- **Problem to solve**
Lines from the one containing "unfoldable pub validate_output_fields" through the end of the data below are to be transcribed exactly; leave out all others.
Provided information Start Marker
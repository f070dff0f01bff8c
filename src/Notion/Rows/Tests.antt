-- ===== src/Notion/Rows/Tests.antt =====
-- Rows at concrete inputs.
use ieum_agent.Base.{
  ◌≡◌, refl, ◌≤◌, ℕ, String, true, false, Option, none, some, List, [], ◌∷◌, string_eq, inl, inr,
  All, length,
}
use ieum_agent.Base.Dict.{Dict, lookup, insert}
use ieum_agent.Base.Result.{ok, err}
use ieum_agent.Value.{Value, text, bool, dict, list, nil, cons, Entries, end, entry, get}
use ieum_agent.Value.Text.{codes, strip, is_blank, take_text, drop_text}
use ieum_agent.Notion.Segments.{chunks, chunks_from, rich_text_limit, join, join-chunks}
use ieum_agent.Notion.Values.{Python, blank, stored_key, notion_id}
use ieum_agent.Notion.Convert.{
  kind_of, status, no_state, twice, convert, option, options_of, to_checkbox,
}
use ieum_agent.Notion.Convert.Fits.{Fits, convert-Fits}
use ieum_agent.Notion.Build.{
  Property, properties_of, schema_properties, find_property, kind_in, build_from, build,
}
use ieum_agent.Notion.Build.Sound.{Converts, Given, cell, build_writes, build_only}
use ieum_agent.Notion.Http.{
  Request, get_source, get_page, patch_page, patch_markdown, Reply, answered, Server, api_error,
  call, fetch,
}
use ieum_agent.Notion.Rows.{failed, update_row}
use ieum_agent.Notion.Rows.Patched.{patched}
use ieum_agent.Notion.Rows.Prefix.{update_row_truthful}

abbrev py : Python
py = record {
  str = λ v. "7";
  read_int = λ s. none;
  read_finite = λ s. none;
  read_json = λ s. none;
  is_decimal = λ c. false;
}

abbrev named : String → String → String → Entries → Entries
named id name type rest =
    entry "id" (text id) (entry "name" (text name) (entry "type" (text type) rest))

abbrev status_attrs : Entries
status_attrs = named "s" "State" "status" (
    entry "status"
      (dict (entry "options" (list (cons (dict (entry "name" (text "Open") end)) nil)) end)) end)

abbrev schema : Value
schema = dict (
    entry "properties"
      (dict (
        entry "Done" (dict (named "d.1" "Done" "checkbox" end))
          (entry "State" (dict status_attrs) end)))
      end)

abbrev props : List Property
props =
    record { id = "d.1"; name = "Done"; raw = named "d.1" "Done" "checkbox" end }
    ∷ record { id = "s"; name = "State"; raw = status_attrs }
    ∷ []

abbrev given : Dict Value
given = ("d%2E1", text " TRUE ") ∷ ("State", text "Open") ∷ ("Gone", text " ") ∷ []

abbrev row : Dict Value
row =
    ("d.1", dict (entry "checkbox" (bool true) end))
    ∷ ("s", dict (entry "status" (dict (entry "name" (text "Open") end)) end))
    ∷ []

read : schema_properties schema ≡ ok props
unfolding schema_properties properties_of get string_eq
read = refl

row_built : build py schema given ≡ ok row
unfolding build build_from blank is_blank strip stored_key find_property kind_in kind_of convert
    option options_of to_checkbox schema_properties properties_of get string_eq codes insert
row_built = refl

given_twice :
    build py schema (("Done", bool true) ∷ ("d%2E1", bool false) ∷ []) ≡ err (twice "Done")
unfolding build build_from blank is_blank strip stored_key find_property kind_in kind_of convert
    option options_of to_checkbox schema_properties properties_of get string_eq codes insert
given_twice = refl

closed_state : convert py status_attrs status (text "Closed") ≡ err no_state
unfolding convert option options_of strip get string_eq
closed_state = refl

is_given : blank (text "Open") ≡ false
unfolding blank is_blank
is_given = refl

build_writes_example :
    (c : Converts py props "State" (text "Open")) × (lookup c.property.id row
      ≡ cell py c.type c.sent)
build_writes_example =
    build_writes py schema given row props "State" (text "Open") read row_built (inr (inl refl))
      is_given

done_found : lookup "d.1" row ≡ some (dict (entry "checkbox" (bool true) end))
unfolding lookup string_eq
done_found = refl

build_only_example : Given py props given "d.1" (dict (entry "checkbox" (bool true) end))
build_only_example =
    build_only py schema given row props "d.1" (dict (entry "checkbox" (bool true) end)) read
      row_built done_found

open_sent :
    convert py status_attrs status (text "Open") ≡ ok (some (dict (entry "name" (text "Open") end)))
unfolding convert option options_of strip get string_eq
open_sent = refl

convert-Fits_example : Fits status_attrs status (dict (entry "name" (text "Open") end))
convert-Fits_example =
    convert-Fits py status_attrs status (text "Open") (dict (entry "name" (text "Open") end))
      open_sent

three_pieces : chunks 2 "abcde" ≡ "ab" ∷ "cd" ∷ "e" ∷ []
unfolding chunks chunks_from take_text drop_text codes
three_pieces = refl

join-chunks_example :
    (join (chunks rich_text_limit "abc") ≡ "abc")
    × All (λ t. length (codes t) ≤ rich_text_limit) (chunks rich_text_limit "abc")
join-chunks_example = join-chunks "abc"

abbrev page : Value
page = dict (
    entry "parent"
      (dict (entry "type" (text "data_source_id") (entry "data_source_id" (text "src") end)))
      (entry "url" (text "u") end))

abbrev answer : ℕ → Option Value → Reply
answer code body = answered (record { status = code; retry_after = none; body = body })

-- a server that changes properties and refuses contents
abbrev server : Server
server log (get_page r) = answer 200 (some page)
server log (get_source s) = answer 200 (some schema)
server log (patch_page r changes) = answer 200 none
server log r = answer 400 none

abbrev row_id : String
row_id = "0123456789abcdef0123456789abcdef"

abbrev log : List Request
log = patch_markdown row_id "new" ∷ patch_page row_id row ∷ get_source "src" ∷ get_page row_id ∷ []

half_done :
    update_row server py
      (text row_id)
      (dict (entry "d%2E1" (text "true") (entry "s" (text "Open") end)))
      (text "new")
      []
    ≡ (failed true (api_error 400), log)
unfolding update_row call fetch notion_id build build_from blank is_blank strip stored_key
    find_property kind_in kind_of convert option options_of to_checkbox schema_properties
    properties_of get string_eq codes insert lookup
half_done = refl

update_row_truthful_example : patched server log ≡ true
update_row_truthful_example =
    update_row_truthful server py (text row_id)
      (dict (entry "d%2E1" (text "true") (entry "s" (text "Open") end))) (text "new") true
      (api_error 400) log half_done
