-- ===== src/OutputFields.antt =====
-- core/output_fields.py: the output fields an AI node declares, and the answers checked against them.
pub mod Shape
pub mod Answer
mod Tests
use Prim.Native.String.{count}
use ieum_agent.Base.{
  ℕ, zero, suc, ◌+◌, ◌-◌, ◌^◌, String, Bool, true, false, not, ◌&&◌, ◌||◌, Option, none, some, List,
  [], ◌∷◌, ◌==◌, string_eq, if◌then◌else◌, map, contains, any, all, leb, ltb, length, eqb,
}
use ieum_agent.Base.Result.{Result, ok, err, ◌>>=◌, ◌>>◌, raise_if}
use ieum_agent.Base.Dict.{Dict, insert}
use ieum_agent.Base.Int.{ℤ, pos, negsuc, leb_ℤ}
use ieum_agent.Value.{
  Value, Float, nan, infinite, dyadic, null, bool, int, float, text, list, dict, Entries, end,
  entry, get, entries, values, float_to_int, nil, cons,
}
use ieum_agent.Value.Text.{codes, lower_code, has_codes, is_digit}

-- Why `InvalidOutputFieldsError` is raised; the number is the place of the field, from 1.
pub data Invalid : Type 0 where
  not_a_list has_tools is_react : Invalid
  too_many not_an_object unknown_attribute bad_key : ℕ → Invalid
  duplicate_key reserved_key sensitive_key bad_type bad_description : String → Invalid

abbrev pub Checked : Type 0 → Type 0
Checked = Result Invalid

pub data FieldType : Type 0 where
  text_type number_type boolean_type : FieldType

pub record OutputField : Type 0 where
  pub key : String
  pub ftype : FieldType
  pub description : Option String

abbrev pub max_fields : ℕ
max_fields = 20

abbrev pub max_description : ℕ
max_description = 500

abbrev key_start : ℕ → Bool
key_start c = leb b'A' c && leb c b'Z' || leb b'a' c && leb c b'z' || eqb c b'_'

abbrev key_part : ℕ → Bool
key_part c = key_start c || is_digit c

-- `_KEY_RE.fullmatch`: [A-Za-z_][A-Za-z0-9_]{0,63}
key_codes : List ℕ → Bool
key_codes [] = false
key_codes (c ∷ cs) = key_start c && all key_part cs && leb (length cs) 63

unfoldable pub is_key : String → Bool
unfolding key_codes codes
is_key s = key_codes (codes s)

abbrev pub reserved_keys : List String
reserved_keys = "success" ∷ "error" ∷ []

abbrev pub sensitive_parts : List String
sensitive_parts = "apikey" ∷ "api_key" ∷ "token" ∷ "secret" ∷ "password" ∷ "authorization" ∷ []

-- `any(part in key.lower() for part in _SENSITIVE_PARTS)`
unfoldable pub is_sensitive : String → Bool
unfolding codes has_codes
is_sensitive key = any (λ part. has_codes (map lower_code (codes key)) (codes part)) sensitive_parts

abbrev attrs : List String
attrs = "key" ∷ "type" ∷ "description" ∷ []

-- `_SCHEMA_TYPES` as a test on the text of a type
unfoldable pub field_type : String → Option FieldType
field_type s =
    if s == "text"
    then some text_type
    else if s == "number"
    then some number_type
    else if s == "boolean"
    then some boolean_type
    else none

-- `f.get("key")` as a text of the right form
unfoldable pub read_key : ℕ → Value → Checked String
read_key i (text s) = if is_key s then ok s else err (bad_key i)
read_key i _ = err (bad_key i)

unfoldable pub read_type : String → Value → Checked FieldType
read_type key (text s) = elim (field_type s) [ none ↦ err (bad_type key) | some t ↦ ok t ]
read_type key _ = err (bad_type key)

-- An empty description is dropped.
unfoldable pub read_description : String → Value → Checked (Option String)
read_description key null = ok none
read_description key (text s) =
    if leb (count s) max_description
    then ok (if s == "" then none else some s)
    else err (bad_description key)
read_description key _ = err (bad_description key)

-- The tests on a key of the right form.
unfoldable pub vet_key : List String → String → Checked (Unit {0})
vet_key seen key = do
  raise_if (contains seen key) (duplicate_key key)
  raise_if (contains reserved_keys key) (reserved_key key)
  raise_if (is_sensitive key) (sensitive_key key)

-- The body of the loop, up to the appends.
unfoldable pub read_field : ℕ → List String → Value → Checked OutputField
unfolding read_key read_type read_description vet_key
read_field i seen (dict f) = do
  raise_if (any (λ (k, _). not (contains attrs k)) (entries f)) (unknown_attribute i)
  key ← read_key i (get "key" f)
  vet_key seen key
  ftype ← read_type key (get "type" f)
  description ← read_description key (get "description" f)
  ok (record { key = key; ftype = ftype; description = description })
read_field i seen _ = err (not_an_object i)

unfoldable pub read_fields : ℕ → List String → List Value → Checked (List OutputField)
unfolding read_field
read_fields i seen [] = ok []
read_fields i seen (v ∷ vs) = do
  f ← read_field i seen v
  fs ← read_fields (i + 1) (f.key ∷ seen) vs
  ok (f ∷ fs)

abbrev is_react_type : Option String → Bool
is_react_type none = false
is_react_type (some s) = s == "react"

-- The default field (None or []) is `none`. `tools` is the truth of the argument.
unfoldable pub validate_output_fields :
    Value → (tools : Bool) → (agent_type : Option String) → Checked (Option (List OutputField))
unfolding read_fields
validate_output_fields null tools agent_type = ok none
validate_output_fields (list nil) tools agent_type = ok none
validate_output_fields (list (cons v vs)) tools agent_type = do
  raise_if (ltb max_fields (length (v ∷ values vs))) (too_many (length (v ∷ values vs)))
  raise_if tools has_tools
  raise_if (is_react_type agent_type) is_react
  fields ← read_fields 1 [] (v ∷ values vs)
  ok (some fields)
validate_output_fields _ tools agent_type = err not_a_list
Provided information End Marker
- **Response area**
unfoldable pub validate_output_fields :
    Value → (tools : Bool) → (agent_type : Option String) → Checked (Option (List OutputField))
unfolding read_fields
validate_output_fields null tools agent_type = ok none
validate_output_fields (list nil) tools agent_type = ok none
validate_output_fields (list (cons v vs)) tools agent_type = do
  raise_if (ltb max_fields (length (v ∷ values vs))) (too_many (length (v ∷ values vs)))
  raise_if tools has_tools
  raise_if (is_react_type agent_type) is_react
  fields ← read_fields 1 [] (v ∷ values vs)
  ok (some fields)
validate_output_fields _ tools agent_type = err not_a_list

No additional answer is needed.